BEGIN ENTRIES SUPPLIED
-- ===== src/Log/Invariant/Show.antt =====
-- What `printValidLogs` shows of an entry that was pushed: its text and its time.
use Prim.Native.String.{String}
use ventilation_system_proje.Common.{
  true, Option, ℕ, suc, ◌+◌, ◌/◌, ◌%◌, ◌^◌, ◌<◌, ◌≡◌, refl, sym, ap, ◌∙◌, List, [], ◌∷◌, some,
  arith, values,
}
use ventilation_system_proje.Common.Or.{bytes_u32}
use ventilation_system_proje.Common.Cells.{overwritten, values-same, values-overwritten_from}
use ventilation_system_proje.Eeprom.Storage.{Storage}
use ventilation_system_proje.Log.{
  LogHandler, LogMessage, test, test2, RebootStatusCode, ok, crash, forced_reboot, message_code,
  status_code, log_messages, reboot_status_messages, get_timestamp_since_boot, create_log_array,
  verify_data_integrity,
}
use ventilation_system_proje.Log.Frame.{with_crc, create_log_array-bytes}
use ventilation_system_proje.Log.Handler.{
  log_publication, status_publication, text_at, slot_line, entry_timestamp, Publication, push_log,
  push_reboot_log,
}
use ventilation_system_proje.Log.Slots.{slot}
use ventilation_system_proje.Log.Push.{IsEntry}
use ventilation_system_proje.Log.Invariant.Area.{Pushed}
use ventilation_system_proje.Log.Invariant.{IsValid, log_base, reboot_base}
use ventilation_system_proje.Log.Invariant.Message.{log_text, log_text_at, push_log_lem}
use ventilation_system_proje.Log.Invariant.Reboot.{reboot_text, reboot_text_at, push_reboot_log_lem}

values-overwritten :
    (f : ℕ → ℕ) (a : ℕ) (b0 b1 b2 b3 b4 b5 b6 b7 : ℕ)
    → values (overwritten f a (b0 ∷ b1 ∷ b2 ∷ b3 ∷ b4 ∷ b5 ∷ b6 ∷ b7 ∷ [])) a 8
      ≡ b0 ∷ b1 ∷ b2 ∷ b3 ∷ b4 ∷ b5 ∷ b6 ∷ b7 ∷ []
values-overwritten f a b0 b1 b2 b3 b4 b5 b6 b7 =
    let all = b0 ∷ b1 ∷ b2 ∷ b3 ∷ b4 ∷ b5 ∷ b6 ∷ b7 ∷ [] in
    let start : a ≡ a + 0 = omega arith in
    ap (λ t. values (overwritten f a all) t 8) start
    ∙ values-overwritten_from f a all 0 8 (omega arith)

-- The four bytes of a time.
time_bytes :
    (code t c : ℕ)
    → t < 2 ^ 32
    → entry_timestamp (
        1
        ∷ code % 256
        ∷ t / 2 ^ 24 % 256
        ∷ t / 2 ^ 16 % 256
        ∷ t / 2 ^ 8 % 256
        ∷ t % 256
        ∷ c / 2 ^ 8
        ∷ c % 2 ^ 8
        ∷ [])
      ≡ t
unfolding entry_timestamp
time_bytes code t c h =
    bytes_u32 (t / 2 ^ 8 % 256) (t % 256) (t / 2 ^ 24 % 256) (t / 2 ^ 16 % 256) (omega arith)
      (omega arith) (omega arith) (omega arith)
    ∙ omega arith

-- The line of a slot that holds a verified entry.
slot_line-entry :
    (texts : List String) (text : String) (a code t : ℕ) (entry : List ℕ)
    → code < 256
    → t < 2 ^ 32
    → text_at texts code ≡ some text
    → IsEntry (create_log_array code t) entry
    → slot_line texts a entry ≡ some (some (record { address = a; text = text; timestamp = t }))
unfolding slot_line
slot_line-entry texts text a code t entry hc ht e is =
    let byte : code % 256 ≡ code = omega arith in
    let same = is.sealed ∙ ap (λ xs. with_crc xs is.crc) (create_log_array-bytes code t) in
    let ok = sym (ap (λ xs. verify_data_integrity xs 8) same) ∙ is.verifies in
    rw (same) (rw (ok, time_bytes code t is.crc ht, byte, e) refl)

message_code_lt : (message : LogMessage) → message_code message < 256
message_code_lt test = omega arith
message_code_lt test2 = omega arith

status_code_lt : (status : RebootStatusCode) → status_code status < 256
status_code_lt ok = omega arith
status_code_lt crash = omega arith
status_code_lt forced_reboot = omega arith

get_timestamp_lt : (now boot : ℕ) → get_timestamp_since_boot now boot < 2 ^ 32
unfolding get_timestamp_since_boot
get_timestamp_lt now boot = omega arith

module _ (s : Storage) where
  slot_line-Pushed :
      {base k code t : ℕ} {entry : List ℕ} {m m' : s.Mem} (texts : List String) (text : String)
      → suc k < 256
      → code < 256
      → t < 2 ^ 32
      → text_at texts code ≡ some text
      → base + 2048 < 2 ^ 15
      → IsEntry (create_log_array code t) entry
      → Pushed s base k entry m m'
      → slot_line texts (slot base k) (s.read_page (slot base k) 8 m').0
        ≡ some (some (record { address = slot base k; text = text; timestamp = t }))
  slot_line-Pushed {base} {k} {code} {t} {entry} {m} {m'} texts text more hc ht e area is p =
      let a = slot base k in
      let same = is.sealed ∙ ap (λ xs. with_crc xs is.crc) (create_log_array-bytes code t) in
      let read =
        s.read_page-cell a 8 m' (omega arith) p.ready
        ∙ values-same (s.cell m') (overwritten (s.cell m) a entry) a 8 (λ b _ _. p.kept more b)
        ∙ ap (λ xs. values (overwritten (s.cell m) a xs) a 8) same
        ∙ values-overwritten (s.cell m) a 1 (code % 256) (t / 2 ^ 24 % 256) (t / 2 ^ 16 % 256)
            (t / 2 ^ 8 % 256) (t % 256) (is.crc / 2 ^ 8) (is.crc % 2 ^ 8)
        ∙ sym same in
      ap (slot_line texts a) read ∙ slot_line-entry texts text a code t entry hc ht e is

  -- The handler and storage after a push, and the line that `printValidLogs` has for the entry.
  pub record Shows (texts : List String) (text : String) (a t : ℕ) (sent : Publication)
      (out : Option (LogHandler × s.Mem × Publication)) : Type 0 where
    pub handler : LogHandler
    pub mem : s.Mem
    pub returns : out ≡ some (handler, mem, sent)
    pub line :
        slot_line texts a (s.read_page a 8 mem).0
        ≡ some (some (record { address = a; text = text; timestamp = t }))

  -- From a valid handler with a communication handler, unless the entry takes the last slot, after
  -- `pushLog` the bytes that `printValidLogs` reads at that slot give a line with its address, the
  -- text of the message, and the time since boot at which it was pushed.
  pub push_log-Shows :
      (message : LogMessage) (now : ℕ) (h : LogHandler) (m : s.Mem) (k j : ℕ)
      → IsValid s h m k j
      → h.has_comm_handler ≡ true
      → suc k < 256
      → Shows log_messages
          (log_text message)
          (slot log_base k)
          (get_timestamp_since_boot now h.boot_timestamp)
          (log_publication (log_text message))
          (push_log s message now h m)
  push_log-Shows message now h m k j v has more =
      let p = push_log_lem s message now h m k j v has in
      record {
        handler = p.handler;
        mem = p.mem;
        returns = p.returns;
        line =
            slot_line-Pushed log_messages (log_text message) more (message_code_lt message)
              (get_timestamp_lt now h.boot_timestamp) (log_text_at message) (omega arith) p.is_entry
              p.pushed;
      }

  -- From a valid handler with a communication handler, unless the entry takes the last slot, after
  -- `pushRebootLog` the bytes that `printValidLogs` reads at that slot give a line with its
  -- address, the text of the status, and the time since boot at which it was pushed.
  pub push_reboot_log-Shows :
      (status : RebootStatusCode) (now : ℕ) (h : LogHandler) (m : s.Mem) (j k : ℕ)
      → IsValid s h m j k
      → h.has_comm_handler ≡ true
      → suc k < 256
      → Shows reboot_status_messages
          (reboot_text status)
          (slot reboot_base k)
          (get_timestamp_since_boot now h.boot_timestamp)
          (status_publication (reboot_text status))
          (push_reboot_log s status now h m)
  push_reboot_log-Shows status now h m j k v has more =
      let p = push_reboot_log_lem s status now h m j k v has in
      record {
        handler = p.handler;
        mem = p.mem;
        returns = p.returns;
        line =
            slot_line-Pushed reboot_status_messages (reboot_text status) more
              (status_code_lt status) (get_timestamp_lt now h.boot_timestamp)
              (reboot_text_at status) (omega arith) p.is_entry p.pushed;
      }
END ENTRIES SUPPLIED
— TASK DIRECTIONS —
Filter the records above for the string "give" and copy each matching line.

— ANSWER TO THE PROBLEM —
  -- `pushLog` the bytes that `printValidLogs` reads at that slot give a line with its address, the
  -- `pushRebootLog` the bytes that `printValidLogs` reads at that slot give a line with its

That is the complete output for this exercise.